Besonders eine Frage stellte mich vor eine Entscheidung: „Welche Rolle spielt Maria, die Mutter Gottes, in meinem Glauben?“ In der Gemeinschaft, die ich zu der Zeit besuchte, war für sie kein Platz. Und doch wusste ich: Ich kann ihre Bedeutung in meinem Leben nicht leugnen. Maria war und ist eine Begleiterin, die mich trägt. Sie hatte ihren Teil dazu beigetragen, dass ich mich letztlich auf die Suche nach Jesus machte. Diese Erkenntnis wurde für mich entscheidend: Ich bin Christ – und ich kann und will meinen Glauben nur allumfassend katholisch leben.
Meine Gottesbegegnung in der Stille
In dieser Phase wuchs mein Engagement in der Kirche. Meine Lektüre änderte sich. Ich nahm an Veranstaltungen, Exerzitien und Auszeiten teil, die meinen Glauben vertieften. Besonders während der Pandemie öffnete sich mir eine Dimension, die ich nie zuvor gekannt hatte: Sieben Tage verbrachte ich schweigend mit geistlicher Begleitung. Viel Zeit verbrachte ich in der Kapelle vor Jesus im Tabernakel. In dieser Stille geschah etwas Unerwartetes: Sie wurde lebendig. Es war, als ob mich die Gegenwart Jesu plötzlich umfing – eine Nähe, ein Friede, eine Liebe, die mein Leben verwandelte. Zum ersten Mal in meinem Leben spürte ich ihn so deutlich. Ich fühlte mich zutiefst berührt, ja geradezu durchströmt von Leben – von einer Freude und Liebe, die aus seiner Gegenwart kam.
Der Jakobsweg – ein Weg der Verwandlung
Aus dieser Erfahrung wuchs in mir eine Sehnsucht nach mehr. Mir war klar, dass ich nicht mehr so weitermachen konnte wie bisher. Also traf ich eine radikale Entscheidung: Ich kündigte meinen Job, lagerte mein Hab und Gut ein und machte mich auf den Jakobsweg.

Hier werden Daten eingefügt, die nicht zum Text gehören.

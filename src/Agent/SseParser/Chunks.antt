-- ===== src/Agent/SseParser/Chunks.antt =====
-- The parser does not depend on how the stream is cut into chunks.
use blender_ai_sidebar.Prelude.{
  ℕ, ◌+◌, ◌≡◌, ◌≤◌, refl, sym, ap, subst, ◌∙◌, arith, true, false, List, [], ◌∷◌, ◌++◌, append-nil,
  append_assoc, Option, none, some, Option-cases, Bool-cases, inl, inr, length, ltb, length-append,
}
use blender_ai_sidebar.Agent.SseParser.{
  Text, Fed, fed, failed, SseParser, prepend, and_then, process_line, process_lines, extract_lines,
  feed_text, feed, feeds, Pending, with_rest,
}
use blender_ai_sidebar.Agent.SseParser.Extract.{resumed, extract_lines-append, length-extract_lines}

-- The bytes of all chunks.
abbrev pub concat : List (List ℕ) → List ℕ
concat [] = []
concat (chunk ∷ chunks) = chunk ++ concat chunks

module _ {S : Type 0} where
  prepend-prepend :
      (es fs : List Text) (p : Fed × S) → prepend es (prepend fs p) ≡ prepend (es ++ fs) p
  prepend-prepend es fs (fed gs, s) = ap (λ hs. (fed hs, s)) (sym (append_assoc es fs gs))
  prepend-prepend es fs (failed e, s) = refl

  prepend-and_then :
      (es : List Text) (p : Fed × S) (k : S → Fed × S)
      → and_then (prepend es p) k ≡ prepend es (and_then p k)
  prepend-and_then es (fed fs, s) k = sym (prepend-prepend es fs (k s))
  prepend-and_then es (failed e, s) k = refl

  prepend-nil : (p : Fed × S) → prepend [] p ≡ p
  prepend-nil (fed fs, s) = refl
  prepend-nil (failed e, s) = refl

  and_then_assoc :
      (p : Fed × S) (k j : S → Fed × S)
      → and_then (and_then p k) j ≡ and_then p (λ s. and_then (k s) j)
  and_then_assoc (fed es, s) k j = prepend-and_then es (k s) j
  and_then_assoc (failed e, s) k j = refl

and_then-same :
    {S : Type 0} (x : Fed × S) (k j : S → Fed × S) → k x.1 ≡ j x.1 → and_then x k ≡ and_then x j
and_then-same (fed es, s) k j h = ap (prepend es) h
and_then-same (failed e, s) k j h = refl

and_then-nothing : {S : Type 0} (x : Fed × S) → and_then x (λ s. (fed [], s)) ≡ x
and_then-nothing (fed es, s) = ap (λ fs. (fed fs, s)) (append-nil es)
and_then-nothing (failed e, s) = refl

-- The call raised nothing.
abbrev pub IsFed : {S : Type 0} → Fed × S → Type 0
IsFed (fed es, s) = Unit {0}
IsFed (failed e, s) = ⊥

process_lines-append :
    (max : ℕ) (xs ys : List Text) (p : Pending)
    → process_lines max (xs ++ ys) p ≡ and_then (process_lines max xs p) (process_lines max ys)
unfolding process_lines
process_lines-append max [] ys p = sym (prepend-nil (process_lines max ys p))
process_lines-append max (x ∷ xs) ys p =
    ap (and_then (process_line max x p)) (λ i. λ q. process_lines-append max xs ys q i)
    ∙ sym (and_then_assoc (process_line max x p) (process_lines max xs) (process_lines max ys))

prepend-IsFed : {S : Type 0} (es : List Text) (x : Fed × S) → IsFed (prepend es x) → IsFed x
prepend-IsFed es (fed fs, s) h = h
prepend-IsFed es (failed e, s) h = h

and_then-fed :
    {S : Type 0} (x : Fed × S) (k j : S → Fed × S)
    → (IsFed (k x.1) → j x.1 ≡ k x.1)
    → IsFed (and_then x k)
    → and_then x j ≡ and_then x k
and_then-fed (fed es, s) k j h success = ap (prepend es) (h (prepend-IsFed es (k s) success))
and_then-fed (failed e, s) k j h success = refl

fits-below : (max m n : ℕ) → ltb max n ≡ false → m ≤ n → ltb max m ≡ false
fits-below max m n h below = ground arith

module _ {D : Type 0} (max : ℕ) where
  prepend-with_rest :
      (es : List Text) (d : D) (rest : Text) (x : Fed × Pending)
      → prepend es (with_rest max d rest x) ≡ with_rest max d rest (prepend es x)
  prepend-with_rest es d rest (fed fs, p) = refl
  prepend-with_rest es d rest (failed e, p) = refl

  feed_text-fits :
      (text : Text) (d : D) (s : SseParser D)
      → ltb max (length (s.buffer ++ text)) ≡ false
      → feed_text max text d s
        ≡ with_rest max d
            (extract_lines (s.buffer ++ text)).1
            (process_lines max (extract_lines (s.buffer ++ text)).0 s.pending)
  unfolding feed_text
  feed_text-fits text d s fits = rw (feed_text, fits) refl

  feed_text-decoder :
      (text : Text) (d : D) (s : SseParser D) → (feed_text max text d s).1.decoder ≡ d
  unfolding feed_text
  feed_text-decoder text d s = elim (Bool-cases (ltb max (length (s.buffer ++ text)))) [
    | inl large ↦ rw (feed_text, large) refl
    | inr fits ↦ rw (feed_text, fits) refl
  ]

  too_large :
      (text : Text) (d : D) (s : SseParser D)
      → ltb max (length (s.buffer ++ text)) ≡ true
      → IsFed (feed_text max text d s)
      → ⊥
  unfolding feed_text
  too_large text d s large success = rw (feed_text, large) at success

  with_rest-IsFed :
      (d : D) (rest : Text) (x : Fed × Pending) → IsFed (with_rest max d rest x) → IsFed x
  with_rest-IsFed d rest (fed es, p) h = h
  with_rest-IsFed d rest (failed e, p) h = h

  resume :
      (t u : Text) (d e : D) (s : SseParser D) (x : Fed × Pending)
      → ltb max (length ((extract_lines (s.buffer ++ t)).1 ++ u)) ≡ false
      → IsFed (
          and_then x (process_lines max (extract_lines ((extract_lines (s.buffer ++ t)).1 ++ u)).0))
      → and_then (with_rest max d (extract_lines (s.buffer ++ t)).1 x) (feed_text max u e)
        ≡ with_rest max e (extract_lines ((extract_lines (s.buffer ++ t)).1 ++ u)).1 (
            and_then x
              (process_lines max (extract_lines ((extract_lines (s.buffer ++ t)).1 ++ u)).0))
  resume t u d e s (fed es, p) fits success =
      ap (prepend es) (feed_text-fits u e _ fits) ∙ prepend-with_rest es e _ _
  resume t u d e s (failed err, p) fits success = absurd success

  module _ (t u : Text) (d e : D) (s : SseParser D) where
    fits-first :
        ltb max (length (s.buffer ++ (t ++ u))) ≡ false → ltb max (length (s.buffer ++ t)) ≡ false
    fits-first h = fits-below max _ _ h (
        rw (length-append s.buffer (t ++ u), length-append t u, length-append s.buffer t)
          (omega arith))

    fits-then :
        ltb max (length (s.buffer ++ (t ++ u))) ≡ false
        → ltb max (length ((extract_lines (s.buffer ++ t)).1 ++ u)) ≡ false
    fits-then h =
        let shorter : length (extract_lines (s.buffer ++ t)).1 ≤ length s.buffer + length t =
          subst (λ n. length (extract_lines (s.buffer ++ t)).1 ≤ n) (length-append s.buffer t)
            (length-extract_lines (s.buffer ++ t)) in
        fits-below max _ _ h (
          rw
            (
              length-append s.buffer (t ++ u),
              length-append t u,
              length-append (extract_lines (s.buffer ++ t)).1 u,
            )
            (omega arith))

    -- Two texts, one after the other, are fed like both at once, unless that raises.
    feed_text-append :
        IsFed (feed_text max (t ++ u) e s)
        → and_then (feed_text max t d s) (feed_text max u e) ≡ feed_text max (t ++ u) e s
    feed_text-append success = elim (Bool-cases (ltb max (length (s.buffer ++ (t ++ u))))) [
      | inl large ↦ absurd (too_large (t ++ u) e s large success)
      | inr fits ↦
          let first = feed_text-fits t d s (fits-first fits) in
          let both = feed_text-fits (t ++ u) e s fits in
          let lines : extract_lines (s.buffer ++ (t ++ u))
              ≡ resumed (extract_lines (s.buffer ++ t)) u =
            ap extract_lines (sym (append_assoc s.buffer t u))
            ∙ extract_lines-append (s.buffer ++ t) u in
          let together =
            both
            ∙ ap (λ p. with_rest max e p.1 (process_lines max p.0 s.pending)) lines
            ∙ ap (with_rest max e _) (process_lines-append max _ _ s.pending) in
          ap (λ x. and_then x (feed_text max u e)) first
          ∙ resume t u d e s _ (fits-then fits)
              (with_rest-IsFed e _ _ (subst IsFed together success))
          ∙ sym together
    ]

  -- An incremental decoder: a chunk that it decodes, it decodes also in two parts.
  module _ (decode : D → List ℕ → Option (Text × D))
      (incremental : (a b : List ℕ) (d e : D) (text : Text)
        → decode d (a ++ b) ≡ some (text, e)
        → (t : Text) × ((u : Text) × ((d' : D) × ((decode d a ≡ some (t, d'))
                × ((decode d' b ≡ some (u, e)) × (text ≡ t ++ u)))))) where
    feed-decoded :
        (c : ℕ) (cs : List ℕ) (s : SseParser D) (text : Text) (d : D)
        → decode s.decoder (c ∷ cs) ≡ some (text, d)
        → feed max decode (c ∷ cs) s ≡ feed_text max text d s
    unfolding feed
    feed-decoded c cs s text d h = rw (feed, h) refl

    feed-invalid :
        (c : ℕ) (cs : List ℕ) (s : SseParser D)
        → decode s.decoder (c ∷ cs) ≡ none
        → IsFed (feed max decode (c ∷ cs) s)
        → ⊥
    unfolding feed
    feed-invalid c cs s h success = rw (feed, h) at success

    in_parts :
        (c : ℕ) (cs : List ℕ) (b : ℕ) (bs : List ℕ) (s : SseParser D) (text : Text) (e : D)
        → decode s.decoder (c ∷ (cs ++ b ∷ bs)) ≡ some (text, e)
        → IsFed (feed max decode (c ∷ (cs ++ b ∷ bs)) s)
        → and_then (feed max decode (c ∷ cs) s) (feed max decode (b ∷ bs))
          ≡ feed max decode (c ∷ (cs ++ b ∷ bs)) s
    in_parts c cs b bs s text e good success =
        let (t, (u, (d, (first, (second, both))))) =
          incremental (c ∷ cs) (b ∷ bs) s.decoder e text good in
        let whole : feed max decode (c ∷ (cs ++ b ∷ bs)) s ≡ feed_text max (t ++ u) e s =
          feed-decoded c (cs ++ b ∷ bs) s text e good ∙ ap (λ x. feed_text max x e s) both in
        let after = feed_text max t d s in
        ap (λ x. and_then x (feed max decode (b ∷ bs))) (feed-decoded c cs s t d first)
        ∙ and_then-same after (feed max decode (b ∷ bs)) (feed_text max u e) (
            feed-decoded b bs after.1 u e
              (ap (λ x. decode x (b ∷ bs)) (feed_text-decoder t d s) ∙ second))
        ∙ feed_text-append t u d e s (subst IsFed whole success)
        ∙ sym whole

    feed-append :
        (a b : List ℕ) (s : SseParser D)
        → IsFed (feed max decode (a ++ b) s)
        → and_then (feed max decode a s) (feed max decode b) ≡ feed max decode (a ++ b) s
    unfolding feed
    feed-append [] b s success = prepend-nil (feed max decode b s)
    feed-append (c ∷ cs) [] s success =
        and_then-nothing (feed max decode (c ∷ cs) s)
        ∙ ap (λ a. feed max decode a s) (sym (append-nil (c ∷ cs)))
    feed-append (c ∷ cs) (b ∷ bs) s success =
        elim (Option-cases (decode s.decoder (c ∷ (cs ++ b ∷ bs)))) [
          | inl bad ↦ absurd (feed-invalid c (cs ++ b ∷ bs) s bad success)
          | inr ((text, e), good) ↦ in_parts c cs b bs s text e good success
        ]

    -- With an incremental decoder the chunks of a stream, fed one after the other, give the
    -- payloads, and leave the parser in the state, that the whole stream fed at once gives, unless
    -- the latter raises.
    pub feeds-concat :
        (chunks : List (List ℕ)) (s : SseParser D)
        → IsFed (feed max decode (concat chunks) s)
        → feeds max decode chunks s ≡ feed max decode (concat chunks) s
    unfolding feeds feed
    feeds-concat [] s success = refl
    feeds-concat (chunk ∷ chunks) s success =
        let whole = feed-append chunk (concat chunks) s success in
        let part = feed max decode chunk s in
        and_then-fed part (feed max decode (concat chunks)) (feeds max decode chunks)
          (λ fine. feeds-concat chunks part.1 fine) (subst IsFed (sym whole) success)
        ∙ whole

Neun Monate war ich unterwegs. Was zunächst mein persönlicher Weg war, wurde zu einem gemeinsamen Weg – ein Weg der Begegnung und der Nächstenliebe.
Unterwegs erlebte ich, wie ein Friede, eine Liebe in mir wuchs, wie Dinge heilten: in der Stille der Kirchen, im Gebet vor dem Tabernakel, wie mir vergeben wurde, wie ich vergeben und neu anfangen durfte und wie ich Lasten losließ. Ich legte vieles, ja alles, in Gottes Hände. Praktiken meines Glaubens, die ich früher wie aus Gewohnheit vollzogen hatte, wurden auf einmal lebendig. Meine Sehnsucht nach Jesus wurde so groß, dass ich schließlich fast täglich die Heilige Messe besuchte. Ich lernte, dass Nächstenliebe Schicht für Schicht tiefer geht – immer noch ein kleines bisschen mehr.
Leben in seiner Gegenwart
Heute sehe ich mein Leben als ein Angebot. Ich möchte das Evangelium nicht nur für mich selbst lebendig halten, sondern auch für andere erfahrbar machen – soweit, wie ich es verstanden habe. Die Sakramente der Kirche und der geistliche Reichtum der katholischen Tradition sind für mich wie eine Werkzeugkiste mit Werkzeugen, die mir helfen, im Glauben zu wachsen. Hier habe ich Heimat gefunden.
Vieles hat sich seitdem verändert. Aber was mich trägt, ist das Vertrauen darauf, dass Jesus mir nahe ist und mich führt. Was bleibt, ist meine Sehnsucht – nach einer noch tieferen, lebendigeren Beziehung mit ihm. Denn wahrhaft lebendig wird das Leben erst in seiner Gegenwart.